# BB Flex Pole



## Guest (Dec 1, 2008)

Anyone here bought/used Bart Bellon's flex pole? feedback? based on feedback, what do you compare it to as well if anything?

gracias!


----------



## Tommy O'Hanlon (Feb 21, 2008)

Very good bit of kit, we've had a lot of dogs of all sizes on it and it's been very good


----------



## Guest (Dec 1, 2008)

Tommy O'Hanlon said:


> Very good bit of kit, we've had a lot of dogs of all sizes on it and it's been very good


no breaks, slips out of ground? re-adjusting? How tall is pole and how deep in ground?

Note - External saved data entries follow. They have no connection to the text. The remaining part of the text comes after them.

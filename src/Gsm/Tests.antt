-- ===== src/Gsm/Tests.antt =====
-- Runs of a module at concrete inputs.
use chan_extra.Prelude.{
  get_or, ℕ, ◌≡◌, ◌≢◌, refl, List, [], ◌∷◌, ◌++◌, Option, none, some, true, false, take, replicate,
  arith,
}
use chan_extra.Config.Commands.{at_get_manufacturer, codes}
use chan_extra.Config.File.{default_value}
use chan_extra.Sms.Event.{sms_text, sms_pdu, SmsReceived}
use chan_extra.Sched.{deadline, empty_slot, find_free}
use chan_extra.Gsm.Text.{gsm_compare, gsm_get_smsc}
use chan_extra.Gsm.San.{arrays_fit, cr_of, gsm_san, out_text, san_add, san_rest, skip_of}
use chan_extra.Gsm.State.{
  EventId, ModuleState, gsm_event_detect_module_ok, gsm_event_hangup, gsm_event_ring,
  gsm_event_sms_send_ok, gsm_event_dchan_up, gsm_state_call_active, gsm_state_call_progress,
  gsm_state_down, gsm_state_manufacturer_req, gsm_state_net_req, gsm_state_ready, gsm_state_ring,
  gsm_state_sim_ready, gsm_state_up, no_event, rank,
}
use chan_extra.Gsm.Call.{Pool, find_call, gsm_getcall, gsm_new_call, new_at_call}
use chan_extra.Gsm.Call.Distinct.{IsDistinct, made, run-IsDistinct, stay, step}
use chan_extra.Gsm.Module.{
  Env, Gsm, SmsInfo, at, event, event_id, fault, is_ready, module_start, more, simple,
}
use chan_extra.Gsm.Start.{Return, crashed, returned, says, spinning, start_loop}
use chan_extra.Gsm.Start.Blank.{start_loop-blank, waiting}
use chan_extra.Gsm.Init.{init_line}
use chan_extra.Gsm.Init.Exchange.{
  first_answers, last_answers, net_named, searching, texts, waits_for,
}
use chan_extra.Gsm.Init.Dialogue.{commands, gsm_check_event-comes_up}
use chan_extra.Gsm.Sms.Dialogue.{run_text, run_text-ends}
use chan_extra.Gsm.Talk.{lose_call, no_carrier}
use chan_extra.Gsm.Receive.{
  after_line, check_lost, gsm_check_event, module_receive, receive_line, receive_loop, on_state,
}
use chan_extra.Gsm.Receive.Converse.{converse, module_of}
use chan_extra.Gsm.Receive.Lines.{each_line, module_receive-framed}
use chan_extra.Gsm.Receive.Rounds.{receive_loop-ends}
use chan_extra.Gsm.Receive.Lost.{receive_line-freed, receive_line-call_active, tells_lost}
use chan_extra.Gsm.Reset.{gsm_reset, gsm_reset_timeout}
use chan_extra.Gsm.Queue.{Queue, gsm_send, queued, run_callback, text_request}
use chan_extra.Gsm.Queue.Later.{run_callback-gsm_send}

abbrev env : Env
env = record {
  cfgs = [];
  accepts = λ text. true;
  now = 100;
  clock = record { sec = 100; usec = 0 };
  t316 = 30000;
  scan_number = λ format h. 21;
  scan_text = λ format h. (codes "10086", true);
  iconv = λ to from text n. none;
  sms_text_coding = codes "UTF-8";
}

abbrev idle_pool : Pool
idle_pool = record {
  callpool = new_at_call 3 ∷ new_at_call 5 ∷ [];
  cref = 5;
  sched = record { slots = []; maxsched = 0; schedev = false };
  retranstimer = 0;
}

abbrev no_sms : SmsReceived
no_sms = record {
  mode = sms_pdu;
  pdu = [];
  sender = [];
  smsc = [];
  time = [];
  tz = [];
  len = 0;
  text = [];
}

-- A module with two calls, in a state, that has received a text.
abbrev module_in : ModuleState → List ℕ → Gsm
module_in state text = record {
  state = state;
  sim_state = gsm_state_sim_ready;
  switchtype = none;
  network = 1;
  coverage = 20;
  resetting = false;
  already_set_mux_mode = false;
  send_at = false;
  auto_hangup_flag = false;
  check_timeout = 0;
  phone_stat = none;
  vol = none;
  mic = none;
  at_last_sent = codes "AT+CLVL?\r\n";
  at_last_recv = text;
  at_pre_recv = text;
  manufacturer = [];
  model_name = [];
  revision = [];
  imei = [];
  imsi = [];
  sim_smsc = replicate 32 0;
  net_name = replicate 64 0;
  sms_mod_flag = sms_text;
  sms_info = none;
  ussd_info = none;
  sms_recv_buffer = [];
  sms_sent_buffer = [];
  ussd_sent_buffer = [];
  san = record { text = []; idx = 0 };
  pool = idle_pool;
  ev = simple no_event;
  sms_event = no_sms;
  sent = [];
}

module_receive-framed_example :
    module_receive env 4 (module_in gsm_state_ready []) (codes "\r\n+CSQ: 21,0\r\n\r\nOK\r\n")
    ≡ each_line env 0
        (record (module_in gsm_state_ready []) { pool = gsm_getcall idle_pool 5 })
        (codes "+CSQ: 21,0" ∷ codes "OK" ∷ [])
module_receive-framed_example =
    module_receive-framed env 4 (module_in gsm_state_ready [])
      (codes "\r\n+CSQ: 21,0\r\n\r\nOK\r\n") [] (codes "+CSQ: 21,0") (codes "OK" ∷ [])
      (ground arith) (ground arith) refl refl tt (ground arith) (ground arith)

receive_loop-ends_example :
    receive_loop env 20 0 (module_in gsm_state_ready []) (codes "\r\nRING\r\n") ≢ spinning
receive_loop-ends_example =
    receive_loop-ends env 20 0 (module_in gsm_state_ready []) (codes "\r\nRING\r\n") (ground arith)

start_loop-blank_example :
    start_loop env 100
      (waiting (module_in gsm_state_up (codes "\r\n+CMT: \"1\",,\"d\"\r\n\r\n")) [])
      (codes "\r\n\r\n")
    ≡ spinning
unfolding gsm_compare says at default_value
start_loop-blank_example =
    start_loop-blank env 100 (module_in gsm_state_up (codes "\r\n+CMT: \"1\",,\"d\"\r\n\r\n")) []
      refl refl

run-IsDistinct_example : IsDistinct (gsm_new_call idle_pool).callpool
unfolding gsm_new_call new_at_call
run-IsDistinct_example = run-IsDistinct (step {p = idle_pool} made stay) (ground arith)

receive_line-call_active_example :
    receive_line env 1 (module_in gsm_state_call_active []) (codes "NO CARRIER") ≡ fault
unfolding find_call no_carrier default_value new_at_call
receive_line-call_active_example =
    receive_line-call_active env 1 (module_in gsm_state_call_active []) (codes "NO CARRIER")
      (new_at_call 5) refl refl

receive_line-freed_example :
    (q : Gsm) × (receive_line env 1 (module_in gsm_state_call_progress []) (codes "BUSY") ≡ event q)
    × (q.state ≡ gsm_state_ready)
    × (event_id q.ev ≡ gsm_event_hangup)
    × (find_call q.pool.callpool 5 ≡ none)
unfolding rank tells_lost default_value new_at_call on_state
receive_line-freed_example =
    receive_line-freed env 1 (module_in gsm_state_call_progress [])
      (module_in gsm_state_call_progress []) (codes "BUSY") (codes "BUSY") refl (ground arith) refl
      (ground arith) refl

gsm_check_event-comes_up_example :
    (h : Gsm) × (converse env
        (waits_for gsm_state_manufacturer_req at_get_manufacturer (module_in gsm_state_ready []))
        (texts first_answers
          ++ (searching.text ∷ searching.text ∷ (texts last_answers ++ (net_named ∷ []))))
      ≡ returned true h)
    × (h.state ≡ gsm_state_ready)
    × (h.ev ≡ simple gsm_event_dchan_up)
    × (h.sent ≡ commands)
gsm_check_event-comes_up_example = gsm_check_event-comes_up env (module_in gsm_state_ready []) 2

abbrev hello : SmsInfo
hello = record { destination = codes "10086"; message = codes "hi"; len = 0 }

run_text-ends_example :
    let h =
      module_of
        (module_in gsm_state_ready [])
        (run_text env (module_in gsm_state_ready []) hello (codes "hi")) in
    (run_text env (module_in gsm_state_ready []) hello (codes "hi") ≡ returned true h)
    × (h.state ≡ gsm_state_ready)
    × (h.ev ≡ simple gsm_event_sms_send_ok)
    × (h.sent
        ≡ codes "AT+CMGF=1\r\n"
          ∷ codes "AT+CSCS=\"GSM\"\r\n"
          ∷ codes "AT+CMGS=\"10086\"\r\n"
          ∷ codes "hi"
          ∷ (0x1a ∷ codes "\r\n")
          ∷ codes "AT+CMGF=0\r\n"
          ∷ [])
run_text-ends_example = run_text-ends env (module_in gsm_state_ready []) hello (codes "hi")

-- A shorter number leaves the end of the longer one that was there.
smsc_tail :
    take 5 (gsm_get_smsc (take 32 (codes "12345" ++ replicate 32 0)) (codes "+CSCA: \"99\",145"))
    ≡ codes "99345"
unfolding gsm_get_smsc
smsc_tail = refl

abbrev waiting_queue : Queue
waiting_queue = record {
  gsm = record (module_in gsm_state_net_req []) {
    pool = record idle_pool {
      sched = record {
        slots = empty_slot ∷ empty_slot ∷ empty_slot ∷ [];
        maxsched = 0;
        schedev = false;
      };
    };
  };
  heap = [];
}

run_callback-gsm_send_example :
    (q' : Queue) × (callback : ℕ) × (gsm_send env waiting_queue
        (text_request (codes "10086") (codes "hi"))
      ≡ queued q')
    × (get_or q'.gsm.pool.sched.slots 1 empty_slot
        ≡ record { when = deadline env.clock 2000; callback = some callback; arg = 0 })
    × (run_callback env callback (record q' { gsm = module_in gsm_state_ready [] }) 0
        ≡ gsm_send env
            (record waiting_queue { gsm = module_in gsm_state_ready [] })
            (text_request (codes "10086") (codes "hi")))
unfolding is_ready find_free
run_callback-gsm_send_example =
    run_callback-gsm_send env waiting_queue (text_request (codes "10086") (codes "hi")) 1
      (module_in gsm_state_ready []) refl refl (ground arith) refl

-- The event and the state that an input leads to.
abbrev outcome : Return → Option (EventId × ModuleState)
outcome spinning = none
outcome crashed = none
outcome (returned e g) = some (event_id g.ev, g.state)

incoming_call :
    outcome
      (gsm_check_event env (module_in gsm_state_ready []) (codes "\r\n+CLIP: \"10086\",129\r\n"))
    ≡ some (gsm_event_ring, gsm_state_ring)
unfolding gsm_check_event gsm_san san_add skip_of cr_of san_rest check_lost default_value event_id
    no_carrier lose_call after_line receive_line arrays_fit out_text
incoming_call = refl

first_answer :
    outcome (
      gsm_check_event env (module_start env (module_in gsm_state_down [])) (codes "AT\r\r\nOK\r\n"))
    ≡ some (gsm_event_detect_module_ok, gsm_state_up)
unfolding gsm_check_event gsm_san san_add skip_of cr_of san_rest default_value event_id module_start
first_answer = refl

-- The name of the model is asked for a second way, and the answer to that never comes to an end.
stuck_model :
    init_line env gsm_state_manufacturer_req
      (record (module_in gsm_state_manufacturer_req []) { at_last_sent = codes "AT+GMI\r\n" })
      (codes "OK")
    ≡ more
        (record (module_in gsm_state_manufacturer_req []) { at_last_sent = codes "AT+GMI\r\n" })
        (codes "OK")
unfolding init_line default_value
stuck_model = refl

abbrev reset_once : Gsm
reset_once = (gsm_reset env waiting_queue.gsm 1).0

-- A reset asks for the default settings, and again when its timer has run out.
reset_twice :
    (reset_once.state ≡ gsm_state_up)
    × (reset_once.pool.retranstimer ≡ 1)
    × ((gsm_reset_timeout env reset_once 0).at_last_sent ≡ codes "ATZ\r\n")
    × ((gsm_reset_timeout env reset_once 0).pool.retranstimer ≡ 2)
unfolding gsm_reset gsm_reset_timeout default_value
reset_twice = (refl, refl, refl, refl)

can it be easily taken out of ground and moved to new position quickly?


----------



## will fernandez (May 17, 2006)

Used it on my dog at one of his seminars...works great and very easy to use...would love to buy one.


----------



## Brian Anderson (Dec 2, 2010)

Someone mind explaining the pole and its usage?


----------



## will fernandez (May 17, 2006)

Flexible pole staked into the ground with a wire. Rotates and flexes great for training by yourself from the puppy to the adult dog.


----------



## Joby Becker (Dec 13, 2009)

Brian Anderson said:


> Someone mind explaining the pole and its usage?


http://www.youtube.com/watch?v=kctgWNTWft0


----------



## Guest (Dec 1, 2008)

http://www.workingdogforum.com/vBulletin/f30/training-pole-martine-18197/index3.html

Here is the other thread reference it, has anyone built one the way described here? I have and broke two times, there has got to be some secret or something I am missing......anybody with close-up pics?


----------